Tsuruhashi Korea Town: This area is the centre for Korean culture, food and products in Osaka. Located at Tsuruhashi station, on the JR Osaka Loop Line. Once you exit the station’s central ticket gate, you will see dozens of Korean shops and BBQ restaurants. However, you are not yet in Koreatown. In fact, you will need approximately 11 minutes on foot till you reach Miyukimoriten Shrine, the entrance of Korea town and what is also known as Miyukimori shopping street.
Trips out of Osaka: Himeji, Nara and Kobe 🗺️
If you are staying in Osaka a few days, consider to take some trips of the city and discover some remarkable Japanese towns with much history and amazing sights to view just 30-40 minutes away from Osaka station (By Shinkansen train): These cities are:
Himeji Castle, at only 30 minutes from Osaka by train. The UNESCO World Heritage site is Japan’s most famous and traditional castle. It has survived wars and natural disasters, Visitors can explore the grounds, as well as the interior, of the Castle. To reach there take JR train to Himeji Station.
Nara, you will find wild deer roam free in the ancient city of Nara, located about 30 minutes from Osaka by train. Nara, formerly known as Heijo, was Japan’s first capital city. Today, historical treasures like temples, shrines, and pagodas can still be seen all around the small city. The best things to do on a day trip include walking through Nara Park, laying eyes on the giant Buddha statue in Todaiji Temple, and enjoying the laid back atmosphere in the city’s quaint backstreets. Get off at Nara Station on the JR lines.

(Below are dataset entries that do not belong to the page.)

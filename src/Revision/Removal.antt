-- ===== src/Revision/Removal.antt =====
-- Source/CBL_Revision.m, `removeAndReturnRev:`.
use couchbase_lite_ios.Base.{
  ℕ, suc, ◌≡◌, refl, ap, ◌⊎◌, inl, inr, Bool, true, false, Option, none, some, [], ◌∷◌, ◌++◌,
  if◌then◌else◌, All, get_elem?,
}
use couchbase_lite_ios.Revision.{
  Revision, RevisionList, is_equal, index_of, remove_object_at_index, remove_and_return_rev,
}

module _ (Body : Type 0) where
  -- The list taken apart at its first revision equal to `rev`.
  pub record SplitsAt (rev : Revision Body) (revs : RevisionList Body) (i : ℕ) : Type 0 where
    pub before : RevisionList Body
    pub found : Revision Body
    pub after : RevisionList Body
    pub parts : revs ≡ before ++ (found ∷ after)
    pub is_found : is_equal Body rev found ≡ true
    pub first : All (λ r. is_equal Body rev r ≡ false) before
    pub returned : get_elem? revs i ≡ some found
    pub left : remove_object_at_index Body i revs ≡ before ++ after

  abbrev Indexed : Revision Body → RevisionList Body → Option ℕ → Type 0
  Indexed rev revs none = All (λ r. is_equal Body rev r ≡ false) revs
  Indexed rev revs (some i) = SplitsAt rev revs i

  Indexed-next :
      (rev r : Revision Body) (revs : RevisionList Body) (o : Option ℕ)
      → is_equal Body rev r ≡ false
      → Indexed rev revs o
      → Indexed rev (r ∷ revs) (elim o [ none ↦ none | some i ↦ some (suc i) ])
  unfolding remove_object_at_index
  Indexed-next rev r revs none h k = (h, k)
  Indexed-next rev r revs (some i) h k = record {
    before = r ∷ k.before;
    found = k.found;
    after = k.after;
    parts = ap (◌∷◌ r) k.parts;
    is_found = k.is_found;
    first = (h, k.first);
    returned = k.returned;
    left = ap (◌∷◌ r) k.left;
  }

  index_of-Indexed :
      (rev : Revision Body) (revs : RevisionList Body) → Indexed rev revs (index_of Body rev revs)
  unfolding index_of remove_object_at_index
  index_of-Indexed rev [] = tt
  index_of-Indexed rev (r ∷ revs) = by_test (is_equal Body rev r) refl (index_of-Indexed rev revs)
    where
      by_test :
          (b : Bool)
          → is_equal Body rev r ≡ b
          → Indexed rev revs (index_of Body rev revs)
          → Indexed rev (r ∷ revs) (
              if b
              then some 0
              else elim (index_of Body rev revs) [ none ↦ none | some i ↦ some (suc i) ])
      by_test true h k = record {
        before = [];
        found = r;
        after = revs;
        parts = refl;
        is_found = h;
        first = tt;
        returned = refl;
        left = refl;
      }
      by_test false h k = Indexed-next rev r revs (index_of Body rev revs) h k

  -- The first revision that is equal to `rev` is returned and taken out, or there is none.
  abbrev pub TakesFirst :
      Revision Body → RevisionList Body → Option (Revision Body) × RevisionList Body → Type 0
  TakesFirst rev revs (returned, left) =
      ((before : RevisionList Body) × (found : Revision Body) × (after : RevisionList Body) × (revs
          ≡ before ++ (found ∷ after))
        × (is_equal Body rev found ≡ true)
        × All (λ r. is_equal Body rev r ≡ false) before
        × (returned ≡ some found)
        × (left ≡ before ++ after))
      ⊎ (All (λ r. is_equal Body rev r ≡ false) revs × (returned ≡ none) × (left ≡ revs))

  -- The list has a first revision equal to the argument, in the sense that both have the same two IDs,
  -- which the call returns and which is all that it takes out of the list; or it has none, and the call
  -- returns nil and leaves the list as it is.
  pub remove_and_return_rev-TakesFirst :
      (rev : Revision Body) (revs : RevisionList Body)
      → TakesFirst rev revs (remove_and_return_rev Body rev revs)
  unfolding remove_and_return_rev
  remove_and_return_rev-TakesFirst rev revs =
      at (index_of Body rev revs) (index_of-Indexed rev revs)
    where
      at :
          (o : Option ℕ)
          → Indexed rev revs o
          → TakesFirst rev revs (elim o [
            | none ↦ (none, revs)
            | some i ↦ (get_elem? revs i, remove_object_at_index Body i revs)
          ])
      at none k = inr (k, refl, refl)
      at (some i) k =
          inl (k.before, k.found, k.after, k.parts, k.is_found, k.first, k.returned, k.left)
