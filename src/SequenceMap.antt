-- ===== src/SequenceMap.antt =====
-- Source/CBLSequenceMap.m. An NSMutableIndexSet is the list of its members, NSNotFound is `none`.
pub mod Checkpoints
use couchbase_lite_ios.Base.{
  ℕ, zero, suc, ◌+◌, ◌-◌, Bool, true, false, ◌||◌, Option, none, some, List, [], ◌∷◌, ◌++◌, ltb,
  leb, ◌==◌, if◌then◌else◌, length, drop, get_elem?, min,
}

unfoldable pub has_index : ℕ → List ℕ → Bool
has_index n [] = false
has_index n (x ∷ xs) = n == x || has_index n xs

unfoldable pub add_index : ℕ → List ℕ → List ℕ
unfolding has_index
add_index n xs = if has_index n xs then xs else n ∷ xs

unfoldable pub remove_index : ℕ → List ℕ → List ℕ
remove_index n [] = []
remove_index n (x ∷ xs) = if n == x then remove_index n xs else x ∷ remove_index n xs

unfoldable pub first_index : List ℕ → Option ℕ
first_index [] = none
first_index (x ∷ xs) = elim (first_index xs) [ none ↦ some x | some y ↦ some (min x y) ]

pub record SequenceMap (A : Type 0) : Type 0 where
  pub sequences : List ℕ
  pub last_sequence : ℕ
  pub values : List A
  pub first_value_sequence : ℕ

module _ {A : Type 0} where
  unfoldable pub init : SequenceMap A
  init = record { sequences = []; last_sequence = 0; values = []; first_value_sequence = 1 }

  pub count : SequenceMap A → ℕ
  count m = length m.sequences

  unfoldable pub add_value : A → SequenceMap A → ℕ × SequenceMap A
  unfolding add_index
  add_value value m =
      let last = m.last_sequence + 1 in
      (
        last,
        record m {
          sequences = add_index last m.sequences;
          last_sequence = last;
          values = m.values ++ (value ∷ []);
        },
      )

  -- Without the assertion that the sequence is one of the map.
  unfoldable pub remove_sequence : ℕ → SequenceMap A → SequenceMap A
  unfolding remove_index
  remove_sequence sequence m = record m { sequences = remove_index sequence m.sequences }

  unfoldable pub is_empty : SequenceMap A → Bool
  unfolding first_index
  is_empty m = elim (first_index m.sequences) [ none ↦ true | some _ ↦ false ]

  abbrev pub checkpoint : SequenceMap A → ℕ
  checkpoint m = elim (first_index m.sequences) [ none ↦ m.last_sequence | some first ↦ first - 1 ]

  unfoldable pub checkpointed_sequence : SequenceMap A → ℕ × SequenceMap A
  unfolding first_index
  checkpointed_sequence m =
      let sequence = checkpoint m in
      (
        sequence,
        if ltb m.first_value_sequence sequence
            then record m {
              values = drop (sequence - m.first_value_sequence) m.values;
              first_value_sequence = m.first_value_sequence + (sequence - m.first_value_sequence);
            }
            else m,
      )

  unfoldable pub checkpointed_value : SequenceMap A → Option A × SequenceMap A
  unfolding checkpointed_sequence
  checkpointed_value m =
      let (sequence, m') = checkpointed_sequence m in
      (
        if leb m'.first_value_sequence sequence
            then get_elem? m'.values (sequence - m'.first_value_sequence)
            else none,
        m',
      )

Kobe, at 20 min from Osaka, The city is known for the world’s most tender beef. For centuries, Kobe served as an international seaport, welcoming seamen from neighboring countries. That history can still be felt today in the bustling, foreigner-friendly city of Kobe. While visiting there for the day, don’t miss the views from the enormous Ferris wheel at Kobe Harbor and over the city on the Shin-Kobe aerial tramway. To get there take the JR line train to Shin-Kōbe Station.